Methodology Research Question The theoretical proposition that EI increases with education served as the underpinning for the following research question. Specifically, this study examined the impact of extended nursing education as the “dosage” on the rate of raising EI in nursing students. The definition of dosage was exposure to a curriculum directed specifically toward professional values and caring of the patient. The implication is that a higher dosage of curriculum within a baccalaureate nursing program ought to have a positive effect on change in a student's EI level. This article focuses on the following research question from the greater study: • Does baccalaureate level nursing education predicated upon The Essentials of Baccalaureate Education for Professional Nursing Practice (AACN, 1998) increase an individual's level of EI at a higher rate than general education as operationalized by abilities defined by Mayer and Salovey's (2004) four-branch abilities model? Research Design. The research design utilized a quasiexperimental between-groups comparison research design that functioned as a quasi-longitudinal study to examine the hypothesis and research question. Quasiexperimental research design uses control and experimental groups that are available to a researcher (Creswell, 2003). Two academic majors (education and nursing) were divided into four groups to represent a premajor group and a senior major group in each discipline. The experimental group was composed of a group of seniorlevel college students completing a nursing major. The educational major was chosen as a comparison college program because of similar demographic and social characteristics between those studying education and nursing. Nursing education served as the treatment applied to the experimental group. The dependent variable was the level of EI as measured by the most current version of the MSCEIT (Mayer et al., 2003). Figure 1 depicts the theoretical relationships of the variables. Three Midwestern universities (two public and one private) were included as sites for research subjects. All three universities supported programs within their organizational structures that included colleges or departments of nursing and teacher education. Institutional review

board (IRB) from each of the universities approved the study prior to recruitment. North Central Association Commissions on Institutions of Higher Education accredited all three universities. The Commission Collegiate Nursing Education accredited all three nursing programs, and the National Council for Accreditation of Teacher Education accredited the education major programs. It is noteworthy to mention that there was a possibility that characteristics between the two professional majors might differ based on admission tests and course preadmission criteria differences. The grade point average (GPA) admission criteria of the three institutions ranged from 2.50 to 3.0 out of a 4.0 system. In reality, all of these programs had more applicants than available slots for student admissions, which may have served to inflate the average GPA of the senior nursing.

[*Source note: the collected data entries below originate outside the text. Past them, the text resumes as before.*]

-- ===== src/Tr50/Pending/Segment.antt =====
-- A stretch of a doubly linked list in a store, and what writes do to it.
use mathlib.Core.Path.{subst}
use libtr.Base.{
  ◌⊎◌, ℕ, ◌≡◌, refl, sym, ap, ◌∙◌, List, [], ◌∷◌, ◌++◌, Option, some, false, ◌==◌, All, inl, inr,
  arith,
}
use libtr.Tr50.Pending.{Message, Store, write, set_next, set_previous}

-- The messages at `xs` are linked in this order behind `previous` and in front of `next`; the first
-- pointer into them is `head`, and the last one of them is `tail`.
abbrev pub Segment : Store → Option ℕ → List ℕ → Option ℕ → Option ℕ → Option ℕ → Type 0
Segment store previous [] next head tail = (head ≡ next) × (tail ≡ previous)
Segment store previous (a ∷ xs) next head tail =
    (head ≡ some a)
    × (m : Message) × (store a ≡ some m)
    × (m.pending_previous ≡ previous)
    × Segment store (some a) xs next m.pending_next tail

abbrev pub NotIn : ℕ → List ℕ → Type 0
NotIn a = All (λ b. (a == b) ≡ false)

abbrev pub Distinct : List ℕ → Type 0
Distinct [] = Unit {0}
Distinct (a ∷ xs) = NotIn a xs × Distinct xs

-- A store that is the same at the addresses of a stretch.
pub Segment-frame :
    (store store' : Store) (previous : Option ℕ) (xs : List ℕ) (next head tail : Option ℕ)
    → All (λ a. store' a ≡ store a) xs
    → Segment store previous xs next head tail
    → Segment store' previous xs next head tail
Segment-frame store store' previous [] next head tail same seg = seg
Segment-frame store store' previous (a ∷ xs) next head tail (here, rest)
      (first, m, got, prev, seg) =
    (
      first,
      m,
      here ∙ got,
      prev,
      Segment-frame store store' (some a) xs next m.pending_next tail rest seg,
    )

pub Segment-split :
    (store : Store) (previous : Option ℕ) (xs ys : List ℕ) (next head tail : Option ℕ)
    → Segment store previous (xs ++ ys) next head tail
    → (middle : Option ℕ) × (last : Option ℕ) × Segment store previous xs middle head last
      × Segment store last ys next middle tail
Segment-split store previous [] ys next head tail seg = (head, previous, (refl, refl), seg)
Segment-split store previous (a ∷ xs) ys next head tail (first, m, got, prev, seg) =
    let (middle, last, front, back) =
      Segment-split store (some a) xs ys next m.pending_next tail seg in
    (middle, last, (first, m, got, prev, front), back)

pub Segment-join :
    (store : Store) (previous : Option ℕ) (xs ys : List ℕ) (next head tail middle last : Option ℕ)
    → Segment store previous xs middle head last
    → Segment store last ys next middle tail
    → Segment store previous (xs ++ ys) next head tail
Segment-join store previous [] ys next head tail middle last (h, l) seg =
    subst (λ p. Segment store p ys next head tail) l
      (subst (λ p. Segment store last ys next p tail) (sym h) seg)
Segment-join store previous (a ∷ xs) ys next head tail middle last (first, m, got, prev, seg) back =
    (
      first,
      m,
      got,
      prev,
      Segment-join store (some a) xs ys next m.pending_next tail middle last seg back,
    )

-- A write elsewhere.
pub write-same :
    (store : Store) (a : ℕ) (m : Message) (xs : List ℕ)
    → NotIn a xs
    → All (λ b. write store a m b ≡ store b) xs
write-same store a m [] out = tt
write-same store a m (b ∷ xs) (here, out) = (rw here refl, write-same store a m xs out)

pub write-here : (store : Store) (a : ℕ) (m : Message) → write store a m a ≡ some m
write-here store a m = ground arith

pub NotIn-snoc :
    (a : ℕ) (xs : List ℕ) (t : ℕ) → NotIn a (xs ++ (t ∷ [])) → NotIn a xs × ((a == t) ≡ false)
NotIn-snoc a [] t (here, out) = (tt, here)
NotIn-snoc a (x ∷ xs) t (here, out) =
    let (rest, last) = NotIn-snoc a xs t out in ((here, rest), last)

pub Distinct-snoc : (xs : List ℕ) (t : ℕ) → Distinct (xs ++ (t ∷ [])) → NotIn t xs × Distinct xs
Distinct-snoc [] t d = (tt, tt)
Distinct-snoc (x ∷ xs) t (out, d) =
    let (out', d') = Distinct-snoc xs t d in
    let (rest, last) = NotIn-snoc x xs t out in ((ground (arith, last), out'), (rest, d'))

pub snoc-Distinct : (xs : List ℕ) (t : ℕ) → NotIn t xs → Distinct xs → Distinct (xs ++ (t ∷ []))
snoc-Distinct [] t out d = (tt, tt)
snoc-Distinct (x ∷ xs) t (here, out) (out', d) =
    (NotIn-append x xs t (ground (arith, here)) out', snoc-Distinct xs t out d)
  where
    NotIn-append :
        (x : ℕ) (xs : List ℕ) (t : ℕ) → (x == t) ≡ false → NotIn x xs → NotIn x (xs ++ (t ∷ []))
    NotIn-append x [] t h out = (h, tt)
    NotIn-append x (y ∷ xs) t h (here, out) = (here, NotIn-append x xs t h out)

-- A list is empty or has a last element.
pub snoc_cases : (xs : List ℕ) → (xs ≡ []) ⊎ ((ys : List ℕ) × (t : ℕ) × (xs ≡ ys ++ (t ∷ [])))
snoc_cases [] = inl refl
snoc_cases (x ∷ xs) = elim (snoc_cases xs) [
  | inl e ↦ inr ([], x, ap (λ t. x ∷ t) e)
  | inr (ys, t, e) ↦ inr (x ∷ ys, t, ap (λ z. x ∷ z) e)
]

-- The pointer behind the last message of a stretch is set.
pub set_next-last :
    (store : Store) (previous : Option ℕ) (xs : List ℕ) (t : ℕ) (next next' head tail : Option ℕ)
    → NotIn t xs
    → Segment store previous (xs ++ (t ∷ [])) next head tail
    → (m : Message) × (store t ≡ some m)
      × (tail ≡ some t)
      × Segment (write store t (set_next next' m)) previous (xs ++ (t ∷ [])) next' head (some t)
set_next-last store previous xs t next next' head tail out seg =
    let (middle, last, front, (first, m, got, prev, (behind, end))) =
      Segment-split store previous xs (t ∷ []) next head tail seg in
    let store' = write store t (set_next next' m) in
    let front' =
      Segment-frame store store' previous xs middle head last
        (write-same store t (set_next next' m) xs out) front in
    (
      m,
      got,
      end,
      Segment-join store' previous xs (t ∷ []) next' head (some t) middle last front'
          (first, set_next next' m, write-here store t (set_next next' m), prev, (refl, refl)),
    )

-- The pointer in front of the first message of a stretch is set.
pub set_previous-first :
    (store : Store) (previous previous' : Option ℕ) (u : ℕ) (ys : List ℕ)
    (next head tail : Option ℕ)
    → NotIn u ys
    → Segment store previous (u ∷ ys) next head tail
    → (m : Message) × (store u ≡ some m)
      × (head ≡ some u)
      × Segment (write store u (set_previous previous' m)) previous' (u ∷ ys) next head tail
set_previous-first store previous previous' u ys next head tail out (first, m, got, prev, seg) =
    let m' = set_previous previous' m in
    (
      m,
      got,
      first,
      (
        first,
        m',
        write-here store u m',
        refl,
        Segment-frame store (write store u m') (some u) ys next m.pending_next tail
            (write-same store u m' ys out) seg,
      ),
    )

Subject Recruitment and Protection Following IRB approval from each institution involved, a third party at each university and within each department recruited subjects by e-mail. This method was utilized because it was assumed that a familiar person might increase student response to the invitation to participate. Informed consent was provided in the invitation e-mail that was sent by the contact person, and again, consent was assumed when an individual participated by submitting data. Recruitment and data collection occurred over two semesters to obtain a sufficient sample size. Unfortunately, because of the third-party recruitment method, the researcher was unable to determine response rate.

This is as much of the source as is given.